While applying acoustics is not a new science, inherent uncertainties with these techniques are still not addressing challenges that limit confidence in well integrity programs. The Caspian region's significant challenges for cement evaluations include heavy mud and thick casing, as well as the high-pressure/high-temperature (HP/HT) nature of gas condensate wells, which reduces the contrast in acoustic impedance. Accordingly, difficulties have remained in the interpretation of conventional cement bond logs, which has led many operators to be suspicious of well integrity technologies.

This paper focuses on the application of ultrasonic cement evaluation technology in the Caspian Sea, and compares results between advanced ultrasonic applications and traditional cement bond logs in heavy mud. The workflow is presented to integrate the advancement of this technology and to eliminate the uncertainties in well integrity analysis. Increasing confidence for further drilling of a high-pressure gas reservoir has been achieved by combining these various measurements that enable a definitive analysis of zonal isolation.

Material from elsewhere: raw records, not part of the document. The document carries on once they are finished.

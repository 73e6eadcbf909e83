-- ===== src/Policy/Labels.antt =====
-- `WorkflowPolicy` and `AutomationDecision` of crates/donkeyspace-core/src/policy.rs: which labels
-- of an issue allow or block automation.
use donkeyspace.Prelude.{
  ◌≡◌, refl, Bool, true, false, not, ◌&&◌, List, [], ◌∷◌, ◌++◌, Option, none, some, Memᴰ, ◌⊎◌, inl,
  inr, is_empty-nil, contains, contains_mem, mem_contains, text_eq, is_empty, any, any_intro,
  any_elim, find, if◌then◌else◌, arith, Option-cases, Bool-cases,
}
use donkeyspace.Text.{Text, lit, join}
use donkeyspace.Policy.Engagement.{EngagementPolicy}

pub record WorkflowPolicy : Type 0 where
  pub state_labels : List (Text × Text)
  pub block_labels : List Text
  pub allow_labels : List Text
  pub engagement : EngagementPolicy

pub data AutomationDecision : Type 0 where
  allowed : AutomationDecision
  blocked_by_label : Text → AutomationDecision
  missing_allow_label : List Text → AutomationDecision

unfoldable pub is_allowed : AutomationDecision → Bool
is_allowed allowed = true
is_allowed _ = false

unfoldable pub reason : AutomationDecision → Text
reason allowed = lit "policy allows automation"
reason (blocked_by_label label) = lit "blocked by policy label `" ++ (label ++ lit "`")
reason (missing_allow_label (label ∷ [])) =
    lit "missing required policy allow label `" ++ (label ++ lit "`")
reason (missing_allow_label labels) =
    lit "missing one of required policy allow labels: " ++ join (lit ", ") labels

-- What follows once no label blocks.
allow_decision : WorkflowPolicy → List Text → AutomationDecision
allow_decision p labels =
    if not (is_empty p.allow_labels) && not (any (contains p.allow_labels) labels)
    then missing_allow_label p.allow_labels
    else allowed

decide_blocked : WorkflowPolicy → List Text → Option Text → AutomationDecision
unfolding allow_decision
decide_blocked p labels none = allow_decision p labels
decide_blocked p labels (some label) = blocked_by_label label

unfoldable pub automation_decision_for_labels : WorkflowPolicy → List Text → AutomationDecision
unfolding decide_blocked
automation_decision_for_labels p labels =
    decide_blocked p labels (find (contains p.block_labels) labels)

module _ (p : WorkflowPolicy) (labels : List Text) where
  abbrev pub IsBlocked : Type 0
  IsBlocked = (l : Text) × Memᴰ l labels × Memᴰ l p.block_labels

  abbrev pub IsAdmitted : Type 0
  IsAdmitted = (p.allow_labels ≡ []) ⊎ ((l : Text) × Memᴰ l labels × Memᴰ l p.allow_labels)

  find_blocked :
      (ls : List Text) {l : Text}
      → find (contains p.block_labels) ls ≡ some l
      → Memᴰ l ls × Memᴰ l p.block_labels
  find_blocked [] h = cc
  find_blocked (k ∷ ls) {l} h = elim (Bool-cases (contains p.block_labels k)) [
    | inl b ↦
        let same : l ≡ k = ground arith in
        (Memᴰ.head same, rw same (contains_mem p.block_labels k b))
    | inr b ↦ let (m, n) = find_blocked ls {l = l} (ground arith) in (Memᴰ.tail m, n)
  ]

  find_not_blocked :
      (ls : List Text)
      → find (contains p.block_labels) ls ≡ none
      → (l : Text) → Memᴰ l ls
      → Memᴰ l p.block_labels
      → ⊥
  find_not_blocked [] h l m n = elim m [ ]
  find_not_blocked (k ∷ ls) h l m n = elim (Bool-cases (contains p.block_labels k)) [
    | inl b ↦ absurd (ground arith)
    | inr b ↦ here b m (find_not_blocked ls (ground arith) l)
  ]
    where
      here :
          contains p.block_labels k ≡ false
          → Memᴰ l (k ∷ ls)
          → (Memᴰ l ls → Memᴰ l p.block_labels → ⊥)
          → ⊥
      here b (Memᴰ.head e) ih = let c = mem_contains n in ground (arith, c)
      here b (Memᴰ.tail k) ih = ih k n

  -- What each decision says of the labels.
  abbrev pub Justifies : AutomationDecision → Type 0
  Justifies allowed = (¬ IsBlocked) × IsAdmitted
  Justifies (blocked_by_label l) = Memᴰ l labels × Memᴰ l p.block_labels
  Justifies (missing_allow_label ls) = (¬ IsBlocked) × (ls ≡ p.allow_labels) × (¬ IsAdmitted)

  allow_decision-Justifies : (¬ IsBlocked) → Justifies (allow_decision p labels)
  unfolding allow_decision
  allow_decision-Justifies free = elim (Bool-cases (is_empty p.allow_labels)) [
    | inl e ↦ rw e (free, inl (is_empty-nil p.allow_labels e))
    | inr e ↦ elim (Bool-cases (any (contains p.allow_labels) labels)) [
      | inl a ↦
          let (l, m, c) = any_elim (contains p.allow_labels) labels a in
          rw (e, a) (free, inr (l, m, contains_mem p.allow_labels l c))
      | inr a ↦ rw (e, a) (free, refl, unadmitted e a)
    ]
  ]
    where
      unadmitted :
          is_empty p.allow_labels ≡ false
          → any (contains p.allow_labels) labels ≡ false
          → ¬ IsAdmitted
      unadmitted e a (inl q) = absurd (ground arith)
      unadmitted e a (inr (l, m, n)) =
          let b = any_intro (contains p.allow_labels) m (mem_contains n) in
          absurd (ground (arith, b))

  -- Automation is allowed only if no label of the issue is a block label and, where allow labels
  -- are configured, one of them is on the issue. A block label wins over any allow label; a missing
  -- allow label is reported only if none blocks.
  pub automation_decision_justified : Justifies (automation_decision_for_labels p labels)
  unfolding automation_decision_for_labels
  automation_decision_justified = elim (Option-cases (find (contains p.block_labels) labels)) [
    | inl e ↦
        rw (e, decide_blocked)
          (allow_decision-Justifies (λ b. find_not_blocked labels e b.0 b.1 b.2))
    | inr (l, e) ↦ rw (e, decide_blocked) (find_blocked labels e)
  ]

The main objective of this well assurance program was to ensure zonal isolation and shoe integrity in order to drill ahead to perform formation integrity tests (FITs). However, obtaining high-resolution cement data in heavy, 2.16-sg, oil-based mud (OBM) was the biggest concern due to the limitations of standard ultrasonic technology. The wide disparity in acoustic impedance, combined with the low contrast between heavy mud and the cemented section, makes evaluation of cement quality and zonal isolation doubtful. Although well conditions challenged the standard measurements, the cement evaluation objective was achieved with the new technology by ensuring 360° azimuthal coverage in permeable sand zones capable of unwanted hydrocarbon production – i.e., preventing sustained casing pressure (SCP). Moreover, a strong and continuous 40-m cement bond prevented crossflow from charging zones through the wellbore and also acted as a barrier against corrosion. Enhancement of pulse-echo technology has proved that it can be applied in a highly attenuative environment to achieve high-fidelity data.

Highly acoustic attenuative mud is a major challenge for acoustic ultrasonic technology to achieve a quality answer product for well integrity. To mitigate this problem, a new tool was developed with a highly sensitive low-noise transducer, and with special programmable (both voltage and frequency) firing circuitry, to enhance the transducer signal at the resonance frequency of the casing. The various features of the processing algorithm are also improved, based on the numerous laboratory and field measurements.